# Minivan with a plow? Alternatives?



## Jmmsunshine (Feb 14, 2018)

I'm a mom. I drive a minivan. I have 3 kids. $$ is tight ( did I mention the kids?). I live in Mi near the Flint snow belt, and have a 300' gravel drive. I really just need something to plow my driveway. 

Is there anything 'minivan-ish' that I can use as my primary care driving 3-6 kids all over God's green (or white as the case may be) earth, but that can plow the snow on my drive too??


----------



## Mark Oomkes (Dec 10, 2000)

Got any used water heaters laying around?


----------



## cwren2472 (Aug 15, 2014)

Your options are going to be pretty limited and stretch the definition of "snow plow." Here is one option:

https://www.agricover.com/snowsport/180/

It amounts to a big shovel strapped to the back of your minivan.

If you are expecting anything like a regular plow, but on your minivan front end, it's not going to happen.


----------



## icudoucme (Dec 3, 2008)

Honestly your best bet might be asking a friendly neighbor or friend with a plow if they could help ya out.

If you have no friendly neighbors and have a tow hitch on the back https://shop.agricover.com/product/...xQ1-J1Uik_0S0cjtSANdl9-P7-qrWt8MaAo0UEALw_wcBtry 




However if the van is your only vehicle it maybe cheaper to buy a small lawn tractor with plow on Craigslist.
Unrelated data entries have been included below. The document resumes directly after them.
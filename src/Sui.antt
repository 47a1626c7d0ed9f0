-- ===== src/Sui.antt =====
-- Transactions for the Move package: apps/api/src/infra/sui/sui-tx.service.ts, with the Move
-- functions of contracts/rwa_dataroom/sources that they call.
pub mod Transaction
pub mod Params
pub mod Builders
pub mod Entries
pub mod Hex
pub mod Requests
pub mod WellTyped
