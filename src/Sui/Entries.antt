-- ===== src/Sui/Entries.antt =====
-- The parameters of the Move functions: the signatures in contracts/rwa_dataroom/sources, without
-- the transaction context, which the runtime passes.
use brine_vault.Base.{ℕ, ◌^◌, none, some, List, [], ◌∷◌, Bool, true, false, ◌&&◌, ltb}
use brine_vault.Sui.Transaction.{
  MoveModule, MoveFunction, Argument, object, pure_u8, pure_u64, pure_bool, pure_string,
  pure_address, pure_id, pure_vector_u8, pure_vector_string, pure_vector_address, pure_option_u64,
  pure_option_bytes, raw, pool_module, pool_entry, dataroom_entry, document_entry, create_pool,
  progress_to_dd, progress_to_ic_review, progress_to_ready_to_issue, reopen_rejected_pool,
  cancel_pool, add_member, remove_member, update_member_role, create_custom_folder, create_document,
  add_version, archive_document, submit_review, record_ic_approval, record_ic_rejection,
  record_ic_request_changes,
}

pub data MoveType : Type 0 where
  object_ref u8 u64 bool string move_address object_id : MoveType
  vector_u8 vector_string vector_address vector_id option_u64 option_bytes : MoveType

-- The signatures, one for each list of types.
abbrev pub create_pool_params : List MoveType
create_pool_params =
    object_ref ∷ vector_u8 ∷ string ∷ vector_u8 ∷ string ∷ u64 ∷ u64 ∷ u8 ∷ vector_string
    ∷ object_ref ∷ []

abbrev pub bare_params : List MoveType
bare_params = object_ref ∷ object_ref ∷ object_ref ∷ []

abbrev pub required_docs_params : List MoveType
required_docs_params = object_ref ∷ object_ref ∷ vector_id ∷ object_ref ∷ []

abbrev pub decision_params : List MoveType
decision_params =
    object_ref ∷ object_ref ∷ string ∷ string ∷ vector_address ∷ vector_u8 ∷ vector_id ∷ object_ref
    ∷ []

abbrev pub add_member_params : List MoveType
add_member_params = object_ref ∷ object_ref ∷ move_address ∷ u8 ∷ vector_string ∷ object_ref ∷ []

abbrev pub remove_member_params : List MoveType
remove_member_params = object_ref ∷ object_ref ∷ move_address ∷ object_ref ∷ []

abbrev pub update_member_role_params : List MoveType
update_member_role_params = object_ref ∷ object_ref ∷ move_address ∷ u8 ∷ object_ref ∷ []

abbrev pub create_folder_params : List MoveType
create_folder_params = object_ref ∷ object_ref ∷ string ∷ option_u64 ∷ u8 ∷ object_ref ∷ []

abbrev pub create_document_params : List MoveType
create_document_params =
    object_ref ∷ object_ref ∷ u64 ∷ u8 ∷ string ∷ bool ∷ u8 ∷ string ∷ vector_u8 ∷ u64 ∷ string
    ∷ vector_string ∷ object_ref ∷ []

abbrev pub add_version_params : List MoveType
add_version_params =
    object_ref ∷ object_ref ∷ object_id ∷ string ∷ vector_u8 ∷ u64 ∷ string ∷ object_ref ∷ []

abbrev pub archive_document_params : List MoveType
archive_document_params = object_ref ∷ object_ref ∷ object_id ∷ object_ref ∷ []

abbrev pub submit_review_params : List MoveType
submit_review_params = object_ref ∷ object_ref ∷ object_id ∷ u8 ∷ option_bytes ∷ object_ref ∷ []

-- The module that declares a function, and the types of the parameters.
unfoldable pub home_module : MoveFunction → MoveModule
home_module create_pool = pool_module
home_module progress_to_dd = pool_entry
home_module progress_to_ic_review = pool_entry
home_module progress_to_ready_to_issue = pool_entry
home_module reopen_rejected_pool = pool_entry
home_module cancel_pool = pool_entry
home_module add_member = dataroom_entry
home_module remove_member = dataroom_entry
home_module update_member_role = dataroom_entry
home_module create_custom_folder = dataroom_entry
home_module create_document = document_entry
home_module add_version = document_entry
home_module archive_document = document_entry
home_module submit_review = document_entry
home_module record_ic_approval = pool_entry
home_module record_ic_rejection = pool_entry
home_module record_ic_request_changes = pool_entry

unfoldable pub entry_params : MoveFunction → List MoveType
entry_params create_pool = create_pool_params
entry_params progress_to_dd = bare_params
entry_params progress_to_ic_review = required_docs_params
entry_params progress_to_ready_to_issue = required_docs_params
entry_params reopen_rejected_pool = bare_params
entry_params cancel_pool = bare_params
entry_params add_member = add_member_params
entry_params remove_member = remove_member_params
entry_params update_member_role = update_member_role_params
entry_params create_custom_folder = create_folder_params
entry_params create_document = create_document_params
entry_params add_version = add_version_params
entry_params archive_document = archive_document_params
entry_params submit_review = submit_review_params
entry_params record_ic_approval = decision_params
entry_params record_ic_rejection = decision_params
entry_params record_ic_request_changes = decision_params

abbrev pub u64_bound : ℕ
u64_bound = 2 ^ 64

unfoldable pub all_bytes : List ℕ → Bool
all_bytes [] = true
all_bytes (b ∷ bs) = ltb b 256 && all_bytes bs

-- What the SDK says: whether a text is an address, and whether a JSON value that it gets as an
-- argument is a value of a type.
module _ (is_address : ℕ → Bool) (raw_fits : ℕ → MoveType → Bool) where
  unfoldable pub all_addresses : List ℕ → Bool
  all_addresses [] = true
  all_addresses (a ∷ addresses) = is_address a && all_addresses addresses

  -- Whether an argument is a value of a parameter's type; an id has the bytes of an address.
  unfoldable pub fits_type : Argument → MoveType → Bool
  fits_type (object id) object_ref = is_address id
  fits_type (pure_u8 n) u8 = ltb n 256
  fits_type (pure_u64 n) u64 = ltb n u64_bound
  fits_type (pure_bool b) bool = true
  fits_type (pure_string t) string = true
  fits_type (pure_address a) move_address = is_address a
  fits_type (pure_id a) object_id = is_address a
  fits_type (pure_vector_u8 bytes) vector_u8 = all_bytes bytes
  fits_type (pure_vector_string ts) vector_string = true
  fits_type (pure_vector_address addresses) vector_address = all_addresses addresses
  fits_type (pure_vector_address addresses) vector_id = all_addresses addresses
  fits_type (pure_option_u64 none) option_u64 = true
  fits_type (pure_option_u64 (some n)) option_u64 = ltb n u64_bound
  fits_type (pure_option_bytes none) option_bytes = true
  fits_type (pure_option_bytes (some bytes)) option_bytes = all_bytes bytes
  fits_type (raw value) t = raw_fits value t
  fits_type _ _ = false

  unfoldable pub fit_types : List Argument → List MoveType → Bool
  fit_types [] [] = true
  fit_types (a ∷ args) (t ∷ types) = fits_type a t && fit_types args types
  fit_types _ _ = false
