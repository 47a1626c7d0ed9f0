-- ===== src/Sui/Requests.antt =====
-- The calls of the builders of apps/api/src/infra/sui/sui-tx.service.ts, and what the request
-- schemas of apps/api/src/modules let through to them.
use brine_vault.Base.{
  ℕ, Option, none, some, List, [], ◌∷◌, length, ◌==◌, Bool, true, false, ◌&&◌, ltb, leb,
}
use brine_vault.Sui.Transaction.{
  MoveFunction, Transaction, progress_to_dd, progress_to_ic_review, progress_to_ready_to_issue,
  reopen_rejected_pool,
}
use brine_vault.Sui.Params.{
  BuildCreatePoolParams, BuildStateTransitionParams, BuildCancelPoolParams, BuildAddMemberParams,
  BuildRemoveMemberParams, BuildUpdateMemberRoleParams, BuildCreateFolderParams,
  BuildCreateDocumentParams, BuildAddVersionParams, BuildArchiveDocumentParams,
  BuildSubmitReviewParams, BuildRecordIcDecisionParams,
}
use brine_vault.Sui.Builders.{
  big_int, or_empty, build_create_pool_tx, build_state_transition_tx, build_cancel_pool_tx,
  build_add_member_tx, build_remove_member_tx, build_update_member_role_tx, build_create_folder_tx,
  build_create_document_tx, build_add_version_tx, build_archive_document_tx, build_submit_review_tx,
  build_record_ic_approval_tx, build_record_ic_rejection_tx, build_record_ic_request_changes_tx,
}
use brine_vault.Sui.Entries.{MoveType, vector_id, u64_bound, all_addresses, fit_types}

-- A text of hexadecimal digits, by their values.
unfoldable pub is_hex : List ℕ → Bool
is_hex [] = true
is_hex (d ∷ digits) = ltb d 16 && is_hex digits

-- A call of one of the builders.
pub data Request : Type 0 where
  create_pool_request : BuildCreatePoolParams → Request
  transition_request : BuildStateTransitionParams → Request
  cancel_request : BuildCancelPoolParams → Request
  add_member_request : BuildAddMemberParams → Request
  remove_member_request : BuildRemoveMemberParams → Request
  update_role_request : BuildUpdateMemberRoleParams → Request
  create_folder_request : BuildCreateFolderParams → Request
  create_document_request : BuildCreateDocumentParams → Request
  add_version_request : BuildAddVersionParams → Request
  archive_request : BuildArchiveDocumentParams → Request
  review_request : BuildSubmitReviewParams → Request
  approval_request rejection_request changes_request : BuildRecordIcDecisionParams → Request

unfoldable pub build_request : ℕ → Request → Transaction
build_request package_id (create_pool_request p) = build_create_pool_tx package_id p
build_request package_id (transition_request p) = build_state_transition_tx package_id p
build_request package_id (cancel_request p) = build_cancel_pool_tx package_id p
build_request package_id (add_member_request p) = build_add_member_tx package_id p
build_request package_id (remove_member_request p) = build_remove_member_tx package_id p
build_request package_id (update_role_request p) = build_update_member_role_tx package_id p
build_request package_id (create_folder_request p) = build_create_folder_tx package_id p
build_request package_id (create_document_request p) = build_create_document_tx package_id p
build_request package_id (add_version_request p) = build_add_version_tx package_id p
build_request package_id (archive_request p) = build_archive_document_tx package_id p
build_request package_id (review_request p) = build_submit_review_tx package_id p
build_request package_id (approval_request p) = build_record_ic_approval_tx package_id p
build_request package_id (rejection_request p) = build_record_ic_rejection_tx package_id p
build_request package_id (changes_request p) = build_record_ic_request_changes_tx package_id p

-- `z.enum([...])` of transitionPoolSchema.
unfoldable pub is_transition : MoveFunction → Bool
is_transition progress_to_dd = true
is_transition progress_to_ic_review = true
is_transition progress_to_ready_to_issue = true
is_transition reopen_rejected_pool = true
is_transition _ = false

-- `z.number().int().min(0).max(2)`, for every vote.
unfoldable pub are_votes : List ℕ → Bool
are_votes [] = true
are_votes (v ∷ votes) = leb v 2 && are_votes votes

abbrev pub or_no_digits : Option (List ℕ) → List ℕ
or_no_digits none = []
or_no_digits (some hex) = hex

-- The request schemas, on the fields that carry numbers, digits and lists; the lengths of texts that
-- the code does not look into are left out.
abbrev pub create_pool_schema : BuildCreatePoolParams → Bool
create_pool_schema p =
    is_hex p.org_id_hash
    && is_hex p.borrower_name_hash
    && leb 1 p.expected_maturity_date
    && leb p.encryption_scheme 1
    && leb (length p.tags) 20

abbrev pub add_member_schema : BuildAddMemberParams → Bool
add_member_schema p = leb 1 p.role && leb p.role 63 && leb (length p.tags) 20

abbrev pub update_member_role_schema : BuildUpdateMemberRoleParams → Bool
update_member_role_schema p = leb 1 p.new_role && leb p.new_role 63

abbrev pub create_folder_schema : BuildCreateFolderParams → Bool
create_folder_schema p = leb 1 p.visible_to_roles && leb p.visible_to_roles 63

abbrev pub create_document_schema : BuildCreateDocumentParams → Bool
create_document_schema p =
    leb p.doc_type 9
    && leb 1 p.visible_to_roles
    && leb p.visible_to_roles 63
    && is_hex p.content_hash
    && leb 1 p.size_bytes
    && leb (length p.tags) 20

abbrev pub add_version_schema : BuildAddVersionParams → Bool
add_version_schema p = is_hex p.content_hash && leb 1 p.size_bytes

abbrev pub submit_review_schema : BuildSubmitReviewParams → Bool
submit_review_schema p = leb p.status 2 && is_hex (or_no_digits p.comment_hash)

abbrev pub submit_ic_decision_schema : BuildRecordIcDecisionParams → Bool
submit_ic_decision_schema p =
    leb 1 (length p.committee_members)
    && leb (length p.committee_members) 50
    && are_votes p.votes
    && leb 1 (length p.votes)
    && leb (length p.votes) 50
    && (length p.committee_members == length p.votes)

-- What the schemas ask of each request.
unfoldable pub is_accepted : Request → Bool
is_accepted (create_pool_request p) = create_pool_schema p
is_accepted (transition_request p) = is_transition p.target_function
is_accepted (cancel_request p) = true
is_accepted (add_member_request p) = add_member_schema p
is_accepted (remove_member_request p) = true
is_accepted (update_role_request p) = update_member_role_schema p
is_accepted (create_folder_request p) = create_folder_schema p
is_accepted (create_document_request p) = create_document_schema p
is_accepted (add_version_request p) = add_version_schema p
is_accepted (archive_request p) = true
is_accepted (review_request p) = submit_review_schema p
is_accepted (approval_request p) = submit_ic_decision_schema p
is_accepted (rejection_request p) = submit_ic_decision_schema p
is_accepted (changes_request p) = submit_ic_decision_schema p

-- The parameters of a transition between the pool and the clock.
unfoldable pub extra_params : MoveFunction → List MoveType
extra_params progress_to_ic_review = vector_id ∷ []
extra_params progress_to_ready_to_issue = vector_id ∷ []
extra_params _ = []

-- What no schema asks: that every text that is an id or an address is one, that the other numbers are
-- below 2 ^ 64, and that a transition brings the arguments of its function.
module _ (is_address : ℕ → Bool) (raw_fits : ℕ → MoveType → Bool) where
  abbrev are_addresses : List ℕ → Bool
  are_addresses addresses = all_addresses is_address raw_fits addresses

  abbrev decision_in_range : BuildRecordIcDecisionParams → Bool
  decision_in_range p =
      is_address p.admin_config_id
      && (is_address p.pool_object_id
          && (are_addresses p.committee_members && are_addresses p.related_doc_ids))

  unfoldable pub is_in_range : Request → Bool
  is_in_range (create_pool_request p) =
      is_address p.admin_config_id
      && (ltb (big_int p.target_notional) u64_bound && ltb p.expected_maturity_date u64_bound)
  is_in_range (transition_request p) =
      is_address p.admin_config_id
      && (is_address p.pool_object_id
          && fit_types is_address raw_fits (or_empty p.extra_args) (extra_params p.target_function))
  is_in_range (cancel_request p) = is_address p.admin_config_id && is_address p.pool_object_id
  is_in_range (add_member_request p) =
      is_address p.admin_config_id && (is_address p.pool_object_id && is_address p.member_address)
  is_in_range (remove_member_request p) =
      is_address p.admin_config_id && (is_address p.pool_object_id && is_address p.member_address)
  is_in_range (update_role_request p) =
      is_address p.admin_config_id && (is_address p.pool_object_id && is_address p.member_address)
  is_in_range (create_folder_request p) =
      is_address p.admin_config_id
      && (is_address p.pool_object_id
          && elim p.parent_id [ none ↦ true | some n ↦ ltb n u64_bound ])
  is_in_range (create_document_request p) =
      is_address p.admin_config_id
      && (is_address p.pool_object_id && (ltb p.folder_id u64_bound && ltb p.size_bytes u64_bound))
  is_in_range (add_version_request p) =
      is_address p.admin_config_id
      && (is_address p.pool_object_id && (is_address p.doc_object_id && ltb p.size_bytes u64_bound))
  is_in_range (archive_request p) =
      is_address p.admin_config_id && (is_address p.pool_object_id && is_address p.doc_object_id)
  is_in_range (review_request p) =
      is_address p.admin_config_id && (is_address p.pool_object_id && is_address p.doc_object_id)
  is_in_range (approval_request p) = decision_in_range p
  is_in_range (rejection_request p) = decision_in_range p
  is_in_range (changes_request p) = decision_in_range p
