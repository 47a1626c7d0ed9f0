-- ===== src/Sui/WellTyped.antt =====
-- The transactions of apps/api/src/infra/sui/sui-tx.service.ts against the Move signatures.
use brine_vault.Base.{
  ℕ, Option, none, some, List, [], ◌∷◌, ◌++◌, Bool, true, false, ◌&&◌, ◌≡◌, refl, ap, arith,
}
use brine_vault.Sui.Transaction.{
  MoveFunction, Argument, clock, pool_entry, progress_to_dd, progress_to_ic_review,
  progress_to_ready_to_issue, reopen_rejected_pool, pure_option_bytes,
}
use brine_vault.Sui.Builders.{
  hex_to_bytes, optional_bytes, or_empty, build_create_pool_tx, build_state_transition_tx,
  build_cancel_pool_tx, build_add_member_tx, build_remove_member_tx, build_update_member_role_tx,
  build_create_folder_tx, build_create_document_tx, build_add_version_tx, build_archive_document_tx,
  build_submit_review_tx, build_ic_decision_tx, build_record_ic_approval_tx,
  build_record_ic_rejection_tx, build_record_ic_request_changes_tx,
}
use brine_vault.Sui.Requests.{
  Request, build_request, is_hex, or_no_digits, is_transition, are_votes, is_accepted, extra_params,
  is_in_range, create_pool_request, transition_request, cancel_request, add_member_request,
  remove_member_request, update_role_request, create_folder_request, create_document_request,
  add_version_request, archive_request, review_request, approval_request, rejection_request,
  changes_request,
}
use brine_vault.Sui.Entries.{
  MoveType, object_ref, option_bytes, all_bytes, fits_type, fit_types, entry_params, home_module,
}

pub hex_to_bytes-all_bytes :
    (hex : List ℕ) → is_hex hex ≡ true → all_bytes (hex_to_bytes hex) ≡ true
unfolding is_hex all_bytes hex_to_bytes
hex_to_bytes-all_bytes [] h = refl
hex_to_bytes-all_bytes (d ∷ []) h = ground arith
hex_to_bytes-all_bytes (d ∷ e ∷ hex) h = ground (arith, hex_to_bytes-all_bytes hex)

false_right : (b : Bool) → (b && false) ≡ false
false_right true = refl
false_right false = refl

votes-all_bytes : (votes : List ℕ) → are_votes votes ≡ true → all_bytes votes ≡ true
unfolding are_votes all_bytes
votes-all_bytes [] h = refl
votes-all_bytes (v ∷ votes) h = ground (arith, votes-all_bytes votes)

transition_params :
    (f : MoveFunction)
    → is_transition f ≡ true
    → entry_params f ≡ object_ref ∷ object_ref ∷ (extra_params f ++ (object_ref ∷ []))
unfolding is_transition entry_params extra_params
transition_params progress_to_dd h = refl
transition_params progress_to_ic_review h = refl
transition_params progress_to_ready_to_issue h = refl
transition_params reopen_rejected_pool h = refl
transition_params _ h = cc

transition_home : (f : MoveFunction) → is_transition f ≡ true → pool_entry ≡ home_module f
unfolding is_transition home_module
transition_home progress_to_dd h = refl
transition_home progress_to_ic_review h = refl
transition_home progress_to_ready_to_issue h = refl
transition_home reopen_rejected_pool h = refl
transition_home _ h = cc

module _ (is_address : ℕ → Bool) (raw_fits : ℕ → MoveType → Bool)
    (clock_is : is_address 6 ≡ true) where
  -- A clock after the arguments and an object after the parameters change nothing.
  fit_types-clock :
      (args : List Argument) (types : List MoveType)
      → fit_types is_address raw_fits (args ++ (clock ∷ [])) (types ++ (object_ref ∷ []))
        ≡ fit_types is_address raw_fits args types
  unfolding fit_types fits_type
  fit_types-clock [] [] = ap (λ b. b && true) clock_is
  fit_types-clock [] (t ∷ []) = false_right (fits_type is_address raw_fits clock t)
  fit_types-clock [] (t ∷ u ∷ types) = false_right (fits_type is_address raw_fits clock t)
  fit_types-clock (a ∷ []) [] = false_right (fits_type is_address raw_fits a object_ref)
  fit_types-clock (a ∷ b ∷ args) [] = false_right (fits_type is_address raw_fits a object_ref)
  fit_types-clock (a ∷ args) (t ∷ types) =
      ap (◌&&◌ (fits_type is_address raw_fits a t)) (fit_types-clock args types)

  optional_bytes-fits :
      (hex : Option (List ℕ))
      → is_hex (or_no_digits hex) ≡ true
      → fits_type is_address raw_fits (pure_option_bytes (optional_bytes hex)) option_bytes ≡ true
  unfolding fits_type
  optional_bytes-fits none h = refl
  optional_bytes-fits (some []) h = refl
  optional_bytes-fits (some (d ∷ hex)) h = hex_to_bytes-all_bytes (d ∷ hex) h

  -- When the clock's 0x6 is an address, an accepted request builds a call of a function in the module
  -- that declares it, and the arguments are values of the types of its parameters exactly when every text
  -- of the request that is used as an id or an address is one, the numbers that no schema bounds are below
  -- 2 ^ 64 and the extra arguments of a transition are those of its function.
  pub build_request-typed :
      (package_id : ℕ) (r : Request)
      → is_accepted r ≡ true
      → ((build_request package_id r).target.target_module
          ≡ home_module (build_request package_id r).target.target_function)
        × (fit_types is_address raw_fits
              (build_request package_id r).arguments
              (entry_params (build_request package_id r).target.target_function)
            ≡ is_in_range is_address raw_fits r)
  unfolding build_request is_accepted is_in_range build_create_pool_tx build_state_transition_tx
      build_cancel_pool_tx build_add_member_tx build_remove_member_tx build_update_member_role_tx
      build_create_folder_tx build_create_document_tx build_add_version_tx build_archive_document_tx
      build_submit_review_tx build_ic_decision_tx build_record_ic_approval_tx
      build_record_ic_rejection_tx build_record_ic_request_changes_tx fits_type fit_types
      entry_params home_module
  build_request-typed package_id (create_pool_request p) h = (
    refl,
    ground
        (arith, hex_to_bytes-all_bytes p.org_id_hash, hex_to_bytes-all_bytes p.borrower_name_hash),
  )
  build_request-typed package_id (transition_request p) h = (
    transition_home p.target_function h,
    rw (transition_params p.target_function h) (
        ap (λ b. is_address p.admin_config_id && (is_address p.pool_object_id && b))
          (fit_types-clock (or_empty p.extra_args) (extra_params p.target_function))),
  )
  build_request-typed package_id (cancel_request p) h = (refl, ground arith)
  build_request-typed package_id (add_member_request p) h = (refl, ground arith)
  build_request-typed package_id (remove_member_request p) h = (refl, ground arith)
  build_request-typed package_id (update_role_request p) h = (refl, ground arith)
  build_request-typed package_id (create_folder_request p) h = elim p.parent_id [
    | none ↦ (refl, ground arith)
    | some n ↦ (refl, ground arith)
  ]
  build_request-typed package_id (create_document_request p) h =
      (refl, ground (arith, hex_to_bytes-all_bytes p.content_hash))
  build_request-typed package_id (add_version_request p) h =
      (refl, ground (arith, hex_to_bytes-all_bytes p.content_hash))
  build_request-typed package_id (archive_request p) h = (refl, ground arith)
  build_request-typed package_id (review_request p) h =
      (refl, ground (arith, optional_bytes-fits p.comment_hash))
  build_request-typed package_id (approval_request p) h =
      (refl, ground (arith, votes-all_bytes p.votes))
  build_request-typed package_id (rejection_request p) h =
      (refl, ground (arith, votes-all_bytes p.votes))
  build_request-typed package_id (changes_request p) h =
      (refl, ground (arith, votes-all_bytes p.votes))
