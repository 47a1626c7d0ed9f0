-- ===== src/Tests.antt =====
-- Runs of the theorems at concrete inputs.
pub mod Blobs
pub mod Crypto
pub mod Shared
pub mod Walrus
pub mod Indexer
pub mod Api
pub mod Orgs
pub mod Services
pub mod Clients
When you consider the risk of damage to the van, risk of getting stuck, and additional wear and tear. Those cost compound pretty quickly.


----------



## Jmmsunshine (Feb 14, 2018)

Mark Oomkes said:


> Got any used water heaters laying around?


Well, if nothing else, you've peaked my curiosity... Why? How would used water heater help??


----------



## cwren2472 (Aug 15, 2014)

I'm guessing he was headed here:


----------



## Jmmsunshine (Feb 14, 2018)

icudoucme said:


> Honestly your best bet might be asking a friendly neighbor or friend with a plow if they could help ya out.
> 
> If you have no friendly neighbors and have a tow hitch on the back
> 
> However if the van is your only vehicle it maybe cheaper to buy a small lawn tractor with plow on Craigslist. When you consider the risk of damage to the van, risk of getting stuck, and additional wear and tear. Those cost compound pretty quickly.


Yeah, 2 yrs ago I paid someone. Last year I asked a neighbor. This year I shoveled a foot of snow off the whole drive myself (though the 12 and 10 yr olds did help). We have a garden tractor - but I swear that thing just doesn't like me and breaks down every darn time I get on it. Looks like I might just be stuck taking a small engine repair class so I can fix the darned thing.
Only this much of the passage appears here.